Stored items:
Start of Block

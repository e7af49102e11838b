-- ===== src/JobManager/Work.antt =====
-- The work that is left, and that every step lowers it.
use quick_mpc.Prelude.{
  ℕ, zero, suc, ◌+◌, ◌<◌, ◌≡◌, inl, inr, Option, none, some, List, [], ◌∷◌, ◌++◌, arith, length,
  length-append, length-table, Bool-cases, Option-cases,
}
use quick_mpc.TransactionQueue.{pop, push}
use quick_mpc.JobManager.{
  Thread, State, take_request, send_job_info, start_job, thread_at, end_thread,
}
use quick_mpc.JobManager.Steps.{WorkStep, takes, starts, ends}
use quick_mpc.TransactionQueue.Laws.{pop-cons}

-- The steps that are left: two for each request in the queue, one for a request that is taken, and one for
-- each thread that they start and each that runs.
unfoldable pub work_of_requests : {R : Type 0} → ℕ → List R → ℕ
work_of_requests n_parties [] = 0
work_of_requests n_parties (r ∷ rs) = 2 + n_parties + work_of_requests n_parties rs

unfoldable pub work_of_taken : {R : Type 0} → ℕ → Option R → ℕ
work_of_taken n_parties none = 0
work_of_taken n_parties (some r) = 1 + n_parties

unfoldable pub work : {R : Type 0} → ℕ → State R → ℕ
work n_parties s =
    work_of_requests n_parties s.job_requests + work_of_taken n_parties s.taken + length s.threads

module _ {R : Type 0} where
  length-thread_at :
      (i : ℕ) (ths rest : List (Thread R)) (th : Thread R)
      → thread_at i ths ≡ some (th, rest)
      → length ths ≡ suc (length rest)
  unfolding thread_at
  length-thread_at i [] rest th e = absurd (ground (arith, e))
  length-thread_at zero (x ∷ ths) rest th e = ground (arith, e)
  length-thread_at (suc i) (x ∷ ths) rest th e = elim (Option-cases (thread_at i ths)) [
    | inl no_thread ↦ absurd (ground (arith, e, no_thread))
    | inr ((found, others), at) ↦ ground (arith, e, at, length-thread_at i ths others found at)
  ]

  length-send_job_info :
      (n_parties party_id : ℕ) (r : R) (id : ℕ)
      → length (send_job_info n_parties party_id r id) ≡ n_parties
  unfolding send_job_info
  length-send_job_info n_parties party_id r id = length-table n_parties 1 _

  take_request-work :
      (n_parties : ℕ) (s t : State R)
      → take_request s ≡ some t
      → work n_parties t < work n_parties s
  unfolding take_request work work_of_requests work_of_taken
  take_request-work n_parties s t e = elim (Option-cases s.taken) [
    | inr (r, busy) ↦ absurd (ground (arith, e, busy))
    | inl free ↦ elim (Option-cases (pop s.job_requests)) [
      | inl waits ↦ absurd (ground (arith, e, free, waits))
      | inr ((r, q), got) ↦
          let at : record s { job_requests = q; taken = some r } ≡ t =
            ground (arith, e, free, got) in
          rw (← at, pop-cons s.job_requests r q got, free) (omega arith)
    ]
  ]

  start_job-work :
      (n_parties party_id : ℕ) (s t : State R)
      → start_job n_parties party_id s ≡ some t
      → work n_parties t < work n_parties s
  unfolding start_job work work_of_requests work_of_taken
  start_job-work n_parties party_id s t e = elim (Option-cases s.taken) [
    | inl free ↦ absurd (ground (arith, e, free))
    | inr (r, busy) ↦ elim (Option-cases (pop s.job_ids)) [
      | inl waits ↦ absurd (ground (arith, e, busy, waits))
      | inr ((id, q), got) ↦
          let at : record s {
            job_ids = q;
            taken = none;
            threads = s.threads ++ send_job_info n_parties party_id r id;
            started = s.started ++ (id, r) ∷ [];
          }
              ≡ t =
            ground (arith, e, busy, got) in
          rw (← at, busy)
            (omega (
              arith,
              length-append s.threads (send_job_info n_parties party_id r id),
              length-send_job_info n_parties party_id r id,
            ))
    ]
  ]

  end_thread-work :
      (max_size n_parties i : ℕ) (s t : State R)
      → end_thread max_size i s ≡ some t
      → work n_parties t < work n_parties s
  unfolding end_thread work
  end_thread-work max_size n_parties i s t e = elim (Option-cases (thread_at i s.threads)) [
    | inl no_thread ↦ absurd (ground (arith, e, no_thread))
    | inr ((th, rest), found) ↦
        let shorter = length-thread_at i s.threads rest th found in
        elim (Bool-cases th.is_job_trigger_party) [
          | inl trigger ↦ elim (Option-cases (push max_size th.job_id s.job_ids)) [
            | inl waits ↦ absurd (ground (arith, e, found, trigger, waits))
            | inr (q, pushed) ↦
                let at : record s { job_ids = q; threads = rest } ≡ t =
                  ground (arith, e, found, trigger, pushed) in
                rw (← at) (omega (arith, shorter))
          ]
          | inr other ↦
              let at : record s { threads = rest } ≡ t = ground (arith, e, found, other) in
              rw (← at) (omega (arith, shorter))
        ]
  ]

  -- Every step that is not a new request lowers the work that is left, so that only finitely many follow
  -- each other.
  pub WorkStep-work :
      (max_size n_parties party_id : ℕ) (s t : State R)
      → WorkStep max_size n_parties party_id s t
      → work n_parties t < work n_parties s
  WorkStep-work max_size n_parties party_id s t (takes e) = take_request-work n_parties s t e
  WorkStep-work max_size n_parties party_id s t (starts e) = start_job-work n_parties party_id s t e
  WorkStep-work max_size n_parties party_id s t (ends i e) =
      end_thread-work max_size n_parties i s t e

End of Block
Start of Block

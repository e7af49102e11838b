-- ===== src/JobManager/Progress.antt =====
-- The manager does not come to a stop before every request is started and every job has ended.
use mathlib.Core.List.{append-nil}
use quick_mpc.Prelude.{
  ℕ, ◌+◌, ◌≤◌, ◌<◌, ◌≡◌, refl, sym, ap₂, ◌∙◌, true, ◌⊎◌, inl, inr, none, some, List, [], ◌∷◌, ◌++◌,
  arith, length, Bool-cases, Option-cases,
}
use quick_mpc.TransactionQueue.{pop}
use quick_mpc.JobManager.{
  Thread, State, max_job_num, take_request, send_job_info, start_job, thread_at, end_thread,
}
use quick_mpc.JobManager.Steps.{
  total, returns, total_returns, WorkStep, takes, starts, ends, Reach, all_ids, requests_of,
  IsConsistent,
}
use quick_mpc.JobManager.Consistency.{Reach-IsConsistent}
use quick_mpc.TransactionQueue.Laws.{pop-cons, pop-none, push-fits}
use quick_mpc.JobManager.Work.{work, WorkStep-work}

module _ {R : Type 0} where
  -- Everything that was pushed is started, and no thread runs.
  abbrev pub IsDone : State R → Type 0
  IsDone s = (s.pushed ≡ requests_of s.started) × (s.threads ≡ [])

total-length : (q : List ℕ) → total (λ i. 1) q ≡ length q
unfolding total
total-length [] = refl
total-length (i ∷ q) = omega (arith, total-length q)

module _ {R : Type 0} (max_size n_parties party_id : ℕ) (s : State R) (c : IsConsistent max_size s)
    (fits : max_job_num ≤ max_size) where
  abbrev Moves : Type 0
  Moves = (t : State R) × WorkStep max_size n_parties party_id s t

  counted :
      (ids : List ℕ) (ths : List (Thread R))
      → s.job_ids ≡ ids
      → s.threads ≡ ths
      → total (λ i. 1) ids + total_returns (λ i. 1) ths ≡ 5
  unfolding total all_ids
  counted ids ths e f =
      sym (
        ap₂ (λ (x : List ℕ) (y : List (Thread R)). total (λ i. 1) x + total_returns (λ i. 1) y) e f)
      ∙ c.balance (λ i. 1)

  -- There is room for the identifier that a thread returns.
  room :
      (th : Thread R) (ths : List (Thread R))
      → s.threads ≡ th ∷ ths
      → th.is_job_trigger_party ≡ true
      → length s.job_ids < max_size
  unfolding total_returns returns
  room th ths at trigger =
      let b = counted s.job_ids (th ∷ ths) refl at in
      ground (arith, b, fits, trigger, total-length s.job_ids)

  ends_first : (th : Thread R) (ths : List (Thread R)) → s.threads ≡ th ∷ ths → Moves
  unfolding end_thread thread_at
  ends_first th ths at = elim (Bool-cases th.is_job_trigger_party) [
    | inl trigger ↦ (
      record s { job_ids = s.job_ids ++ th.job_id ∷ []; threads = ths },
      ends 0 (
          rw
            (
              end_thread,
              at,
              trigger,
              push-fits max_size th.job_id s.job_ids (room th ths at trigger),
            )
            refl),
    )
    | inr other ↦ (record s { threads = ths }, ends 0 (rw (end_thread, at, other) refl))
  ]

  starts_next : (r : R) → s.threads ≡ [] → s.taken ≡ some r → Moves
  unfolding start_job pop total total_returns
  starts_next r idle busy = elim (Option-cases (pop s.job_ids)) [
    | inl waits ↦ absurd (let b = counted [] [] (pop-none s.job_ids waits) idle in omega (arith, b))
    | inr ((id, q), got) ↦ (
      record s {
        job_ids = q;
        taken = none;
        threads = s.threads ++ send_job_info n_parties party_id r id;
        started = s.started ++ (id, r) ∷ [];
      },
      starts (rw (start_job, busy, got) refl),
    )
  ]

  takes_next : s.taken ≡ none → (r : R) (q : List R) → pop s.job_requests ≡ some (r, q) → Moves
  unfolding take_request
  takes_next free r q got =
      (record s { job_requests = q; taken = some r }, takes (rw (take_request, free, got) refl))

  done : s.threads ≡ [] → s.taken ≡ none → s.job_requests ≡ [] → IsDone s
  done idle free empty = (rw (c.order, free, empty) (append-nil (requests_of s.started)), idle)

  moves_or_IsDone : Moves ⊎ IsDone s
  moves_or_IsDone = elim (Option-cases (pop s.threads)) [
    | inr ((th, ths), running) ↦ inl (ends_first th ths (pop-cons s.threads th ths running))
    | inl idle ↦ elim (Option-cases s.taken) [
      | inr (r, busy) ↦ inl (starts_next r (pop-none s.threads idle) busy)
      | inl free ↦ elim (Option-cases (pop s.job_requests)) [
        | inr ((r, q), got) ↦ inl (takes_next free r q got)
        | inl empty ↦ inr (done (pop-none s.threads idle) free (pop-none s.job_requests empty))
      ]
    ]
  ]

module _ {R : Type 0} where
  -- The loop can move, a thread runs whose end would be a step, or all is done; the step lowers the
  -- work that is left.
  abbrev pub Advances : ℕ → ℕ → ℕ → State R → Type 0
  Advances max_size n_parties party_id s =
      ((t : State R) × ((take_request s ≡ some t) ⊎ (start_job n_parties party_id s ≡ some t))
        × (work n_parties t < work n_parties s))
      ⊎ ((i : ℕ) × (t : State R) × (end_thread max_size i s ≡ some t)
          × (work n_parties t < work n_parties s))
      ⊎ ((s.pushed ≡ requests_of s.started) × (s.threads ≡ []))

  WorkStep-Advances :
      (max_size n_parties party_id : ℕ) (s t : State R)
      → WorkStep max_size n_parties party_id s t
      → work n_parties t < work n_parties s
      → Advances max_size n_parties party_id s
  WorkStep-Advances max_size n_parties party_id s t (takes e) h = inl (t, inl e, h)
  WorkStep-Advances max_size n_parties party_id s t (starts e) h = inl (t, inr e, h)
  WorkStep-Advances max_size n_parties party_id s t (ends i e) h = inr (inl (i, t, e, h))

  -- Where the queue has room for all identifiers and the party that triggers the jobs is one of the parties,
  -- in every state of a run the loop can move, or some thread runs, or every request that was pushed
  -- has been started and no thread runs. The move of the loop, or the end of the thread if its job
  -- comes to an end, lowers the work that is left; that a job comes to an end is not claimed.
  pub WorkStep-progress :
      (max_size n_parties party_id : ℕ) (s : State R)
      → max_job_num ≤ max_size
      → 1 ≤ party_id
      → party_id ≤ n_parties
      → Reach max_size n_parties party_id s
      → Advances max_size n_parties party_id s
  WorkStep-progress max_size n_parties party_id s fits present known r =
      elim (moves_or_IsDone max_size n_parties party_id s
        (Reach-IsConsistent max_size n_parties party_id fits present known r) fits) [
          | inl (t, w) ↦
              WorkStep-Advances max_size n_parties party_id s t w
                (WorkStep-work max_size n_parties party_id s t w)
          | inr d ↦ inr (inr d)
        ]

End of Block

→ Task requirements
Could you restate word for word the lines above, from the one that contains "ends_first : (th" through the one that contains "push-fits max_size th.job_id", and no others?

→ Task result
  ends_first : (th : Thread R) (ths : List (Thread R)) → s.threads ≡ th ∷ ths → Moves
  unfolding end_thread thread_at
  ends_first th ths at = elim (Bool-cases th.is_job_trigger_party) [
    | inl trigger ↦ (
      record s { job_ids = s.job_ids ++ th.job_id ∷ []; threads = ths },
      ends 0 (
          rw
            (
              end_thread,
              at,
              trigger,
              push-fits max_size th.job_id s.job_ids (room th ths at trigger),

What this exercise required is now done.